_How to complete this task_. What you give back should be exactly the opening lines of the data, ending with the line that contains "write-Consistent s (revoke_current_certificate" and including it.

_Provided data_.

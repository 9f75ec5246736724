-- ===== src/Platform/Devices/Registry.antt =====
-- Registration, reset and revocation keep every device row consistent.
use secure_io_t_device_platf.Base.{
  String, ◌≡◌, refl, arith, Option, Bool, true, inl, inr, Option-cases,
}
use secure_io_t_device_platf.Env.{Context, Try, ok, security_error, crash, Try-cases}
use secure_io_t_device_platf.Models.{
  Server, Device, is_some, present, save_device, Deployment, find_device,
}
use secure_io_t_device_platf.Security.{from_master_key, encrypt, validate_device_id}
use secure_io_t_device_platf.Registry.{
  revoked_device, reset_to_pending, revoke_current_certificate, finish_reset, finish_reset_after,
  reset_bootstrap_secret, register_device, register_checked, insert_device, new_device,
  rebuild_crl_from_db, parse_deployment,
}
use secure_io_t_device_platf.Registry.Frame.{devices-rebuild, revoked-rebuild}
use secure_io_t_device_platf.Registry.Revocation.{
  Grows-eq, commit_revocation-Grows, commit_revocation-is_listed, devices-revoke, revoked-revoke,
}
use secure_io_t_device_platf.Platform.Devices.{Sound, Consistent, write-Consistent, same-Consistent}
use secure_io_t_device_platf.Admin.{
  DeviceCreate, create_device, reset_device, reset_response, revoke_device, revoke_response,
}
use secure_io_t_device_platf.Provisioning.Effect.{SameRegistry}
use secure_io_t_device_platf.Admin.Frame.{create_response-snd}
use secure_io_t_device_platf.Mqtt.Publish.{evict_device}

module _ (c : Context) where
  pub revoke-Consistent :
      (s : Server) (d : Device) (reason : String)
      → is_some (present d.certificate_serial) ≡ true
      → Consistent s
      → Consistent (revoke_current_certificate c s d reason).1
  revoke-Consistent s d reason held h =
      write-Consistent s (revoke_current_certificate c s d reason).1 (revoked_device d c.later) h
        (devices-revoke c s d reason)
        (rw (revoked-revoke c s d reason) (commit_revocation-Grows c s d reason))
        (unfold revoked_device in
          rw (revoked-revoke c s d reason) (commit_revocation-is_listed c s d reason held))

  finish_reset-Consistent :
      (s : Server) (d : Device) (secret : String)
      → Consistent s
      → Consistent (finish_reset c s d secret).1
  unfolding finish_reset
  finish_reset-Consistent s d secret h =
      elim (Try-cases (from_master_key c.crypto c.settings.bootstrap_master_key)) [
        | inl (box, e) ↦ rw (e, finish_reset) (pending_written (encrypt c.crypto box secret))
        | inr (inl (x, e)) ↦ rw (e, finish_reset) h
        | inr (inr e) ↦ rw (e, finish_reset) h
      ]
    where
      pending_written :
          (encrypted : String)
          → Consistent (rebuild_crl_from_db c (save_device (reset_to_pending d encrypted) s)).1
      pending_written encrypted =
          let t = save_device (reset_to_pending d encrypted) s in
          write-Consistent s (rebuild_crl_from_db c t).1 (reset_to_pending d encrypted) h
            (unfold save_device in devices-rebuild c t)
            (Grows-eq s.revoked_certificates _ (unfold save_device in revoked-rebuild c t))
            (unfold reset_to_pending in refl)

  finish_reset_after-Consistent :
      (d : Device) (secret : String) (r : Try (Unit {0}) × Server)
      → Consistent r.1
      → Consistent (finish_reset_after c d secret r).1
  unfolding finish_reset_after
  finish_reset_after-Consistent d secret (ok u, s) h =
      finish_reset-Consistent s (revoked_device d c.later) secret h
  finish_reset_after-Consistent d secret (security_error e, s) h = h
  finish_reset_after-Consistent d secret (crash, s) h = h

  pub reset-Consistent :
      (s : Server) (d : Device) (secret : String)
      → Consistent s
      → Consistent (reset_bootstrap_secret c s d secret).1
  unfolding reset_bootstrap_secret
  reset-Consistent s d secret h = elim (Option-cases (present d.certificate_serial)) [
    | inl e ↦ rw (e, reset_bootstrap_secret) (finish_reset-Consistent s d secret h)
    | inr (serial, e) ↦
        rw (e, reset_bootstrap_secret)
          (finish_reset_after-Consistent d secret (revoke_current_certificate c s d "superseded")
            (revoke-Consistent s d "superseded" (rw e) h))
  ]

  insert-Consistent :
      (s : Server) (d : Device) (secret : String)
      → Sound s.revoked_certificates d
      → Consistent s
      → Consistent (insert_device d secret s).1
  unfolding insert_device save_device
  insert-Consistent s d secret k h = elim (Option-cases (find_device s d.device_id)) [
    | inl e ↦
        rw (e, insert_device) (write-Consistent s (save_device d s) d h refl (λ serial l. l) k)
    | inr (other, e) ↦ rw (e, insert_device) h
  ]

  register_checked-Consistent :
      (seen s : Server) (id : String) (deployment : Deployment) (family : String)
      (name : Option String) (allow : Bool) (secret : String)
      → Consistent s
      → Consistent (register_checked c seen s id deployment family name allow secret).1
  unfolding register_checked
  register_checked-Consistent seen s id deployment family name allow secret h =
      elim (Option-cases (find_device seen id)) [
        | inr (other, e) ↦ rw (e, register_checked) h
        | inl e ↦ elim (Try-cases (from_master_key c.crypto c.settings.bootstrap_master_key)) [
          | inl (box, e') ↦
              rw (e, e', register_checked)
                (insert-Consistent s
                  (new_device id family name deployment (encrypt c.crypto box secret) allow c.now)
                  secret (unfold new_device in refl) h)
          | inr (inl (x, e')) ↦ rw (e, e', register_checked) h
          | inr (inr e') ↦ rw (e, e', register_checked) h
        ]
      ]

  register-Consistent :
      (seen s : Server) (id family : String) (name : Option String) (deployment_type : String)
      (allow : Bool) (secret : String)
      → Consistent s
      → Consistent (register_device c seen s id family name deployment_type allow secret).1
  unfolding register_device
  register-Consistent seen s id family name deployment_type allow secret h =
      elim (Try-cases (validate_device_id id)) [
        | inl (id', e) ↦ elim (Option-cases (parse_deployment deployment_type)) [
          | inl e' ↦ rw (e, e', register_device) h
          | inr (deployment, e') ↦
              rw (e, e', register_device)
                (register_checked-Consistent seen s id' deployment family name allow secret h)
        ]
        | inr (inl (x, e)) ↦ rw (e, register_device) h
        | inr (inr e) ↦ rw (e, register_device) h
      ]

  pub create_device-Consistent :
      (seen : Server) (p : DeviceCreate) (secret : String) (s : Server)
      → Consistent s
      → Consistent (create_device c seen p secret s).1
  unfolding create_device
  create_device-Consistent seen p secret s h = rw create_response-snd (
      register-Consistent seen s p.device_id p.family p.display_name p.deployment_type
        p.allow_reprovisioning secret h)

  pub reset_response-SameRegistry :
      (d : Device) (r : Try String × Server) → SameRegistry r.1 (reset_response c d r).1
  unfolding reset_response evict_device
  reset_response-SameRegistry d (ok secret, s) = ground arith
  reset_response-SameRegistry d (security_error e, s) = ground arith
  reset_response-SameRegistry d (crash, s) = ground arith

  pub reset_device-Consistent :
      (id secret : String) (s : Server) → Consistent s → Consistent (reset_device c id secret s).1
  unfolding reset_device
  reset_device-Consistent id secret s h = elim (Option-cases (find_device s id)) [
    | inl e ↦ rw (e, reset_device) h
    | inr (d, e) ↦
        rw (e, reset_device)
          (same-Consistent (reset_response-SameRegistry d (reset_bootstrap_secret c s d secret))
            (reset-Consistent s d secret h))
  ]

  pub revoke_response-SameRegistry :
      (id : String) (r : Try (Unit {0}) × Server) → SameRegistry r.1 (revoke_response c id r).1
  unfolding revoke_response evict_device
  revoke_response-SameRegistry id (ok u, s) = ground arith
  revoke_response-SameRegistry id (security_error e, s) = ground arith
  revoke_response-SameRegistry id (crash, s) = ground arith

  pub revoke_device-Consistent :
      (id : String) (s : Server) → Consistent s → Consistent (revoke_device c id s).1
  unfolding revoke_device
  revoke_device-Consistent id s h = elim (Option-cases (find_device s id)) [
    | inl e ↦ rw (e, revoke_device) h
    | inr (d, e) ↦ elim (Option-cases (present d.certificate_serial)) [
      | inl e' ↦ rw (e, e', revoke_device) h
      | inr (serial, e') ↦
          rw (e, e', revoke_device)
            (same-Consistent
              (revoke_response-SameRegistry id (revoke_current_certificate c s d "key_compromise"))
              (revoke-Consistent s d "key_compromise" (rw e') h))
    ]
  ]
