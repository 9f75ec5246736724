-- ===== src/Mqtt/Accepted.antt =====
-- What a message writes into the row of a sender that is accepted.
use secure_io_t_device_platf.Base.{ℕ, String, ◌≡◌, arith, true, some}
use secure_io_t_device_platf.Json.{Json, bool, text, dict, JsonLib, get, or_default}
use secure_io_t_device_platf.Models.{Device}
use secure_io_t_device_platf.Mqtt.{
  accepted, set_online, set_firmware, set_application_state, firmware_value, online_value,
}

-- The columns that a message never writes.
pub record SameCredentials (d d' : Device) : Type 0 where
  pub device_id : d'.device_id ≡ d.device_id
  pub lifecycle_status : d'.lifecycle_status ≡ d.lifecycle_status
  pub certificate_serial : d'.certificate_serial ≡ d.certificate_serial
  pub certificate_pem : d'.certificate_pem ≡ d.certificate_pem
  pub certificate_not_after : d'.certificate_not_after ≡ d.certificate_not_after
  pub provisioned_at : d'.provisioned_at ≡ d.provisioned_at
  pub revoked_at : d'.revoked_at ≡ d.revoked_at

set_firmware-SameCredentials : (f : Json) (d : Device) → SameCredentials d (set_firmware f d)
unfolding set_firmware
set_firmware-SameCredentials (text s) d = ground arith
set_firmware-SameCredentials _ d = ground arith

set_online-SameCredentials :
    (kind : String) (payload : Json) (d : Device) → SameCredentials d (set_online kind payload d)
unfolding set_online
set_online-SameCredentials kind (dict fields) d = ground (
  arith,
  set_firmware-SameCredentials (firmware_value fields)
      (record d { online = online_value (or_default (get "online" fields) (bool true)) }),
)
set_online-SameCredentials kind _ d = ground arith

pub accepted-SameCredentials :
    (lib : JsonLib) (kind : String) (payload : Json) (now : ℕ) (d : Device)
    → SameCredentials d (accepted lib kind payload now d)
unfolding accepted set_application_state
accepted-SameCredentials lib kind payload now d =
    ground (arith, set_online-SameCredentials kind payload (record d { last_seen = some now }))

_Exercise result_.
repository 9f75ec5246736724
-- ===== src/Platform/Devices/Registry.antt =====
-- Registration, reset and revocation keep every device row consistent.
use secure_io_t_device_platf.Base.{
  String, ◌≡◌, refl, arith, Option, Bool, true, inl, inr, Option-cases,
}
use secure_io_t_device_platf.Env.{Context, Try, ok, security_error, crash, Try-cases}
use secure_io_t_device_platf.Models.{
  Server, Device, is_some, present, save_device, Deployment, find_device,
}
use secure_io_t_device_platf.Security.{from_master_key, encrypt, validate_device_id}
use secure_io_t_device_platf.Registry.{
  revoked_device, reset_to_pending, revoke_current_certificate, finish_reset, finish_reset_after,
  reset_bootstrap_secret, register_device, register_checked, insert_device, new_device,
  rebuild_crl_from_db, parse_deployment,
}
use secure_io_t_device_platf.Registry.Frame.{devices-rebuild, revoked-rebuild}
use secure_io_t_device_platf.Registry.Revocation.{
  Grows-eq, commit_revocation-Grows, commit_revocation-is_listed, devices-revoke, revoked-revoke,
}
use secure_io_t_device_platf.Platform.Devices.{Sound, Consistent, write-Consistent, same-Consistent}
use secure_io_t_device_platf.Admin.{
  DeviceCreate, create_device, reset_device, reset_response, revoke_device, revoke_response,
}
use secure_io_t_device_platf.Provisioning.Effect.{SameRegistry}
use secure_io_t_device_platf.Admin.Frame.{create_response-snd}
use secure_io_t_device_platf.Mqtt.Publish.{evict_device}

module _ (c : Context) where
  pub revoke-Consistent :
      (s : Server) (d : Device) (reason : String)
      → is_some (present d.certificate_serial) ≡ true
      → Consistent s
      → Consistent (revoke_current_certificate c s d reason).1
  revoke-Consistent s d reason held h =
      write-Consistent s (revoke_current_certificate c s d reason).1 (revoked_device d c.later) h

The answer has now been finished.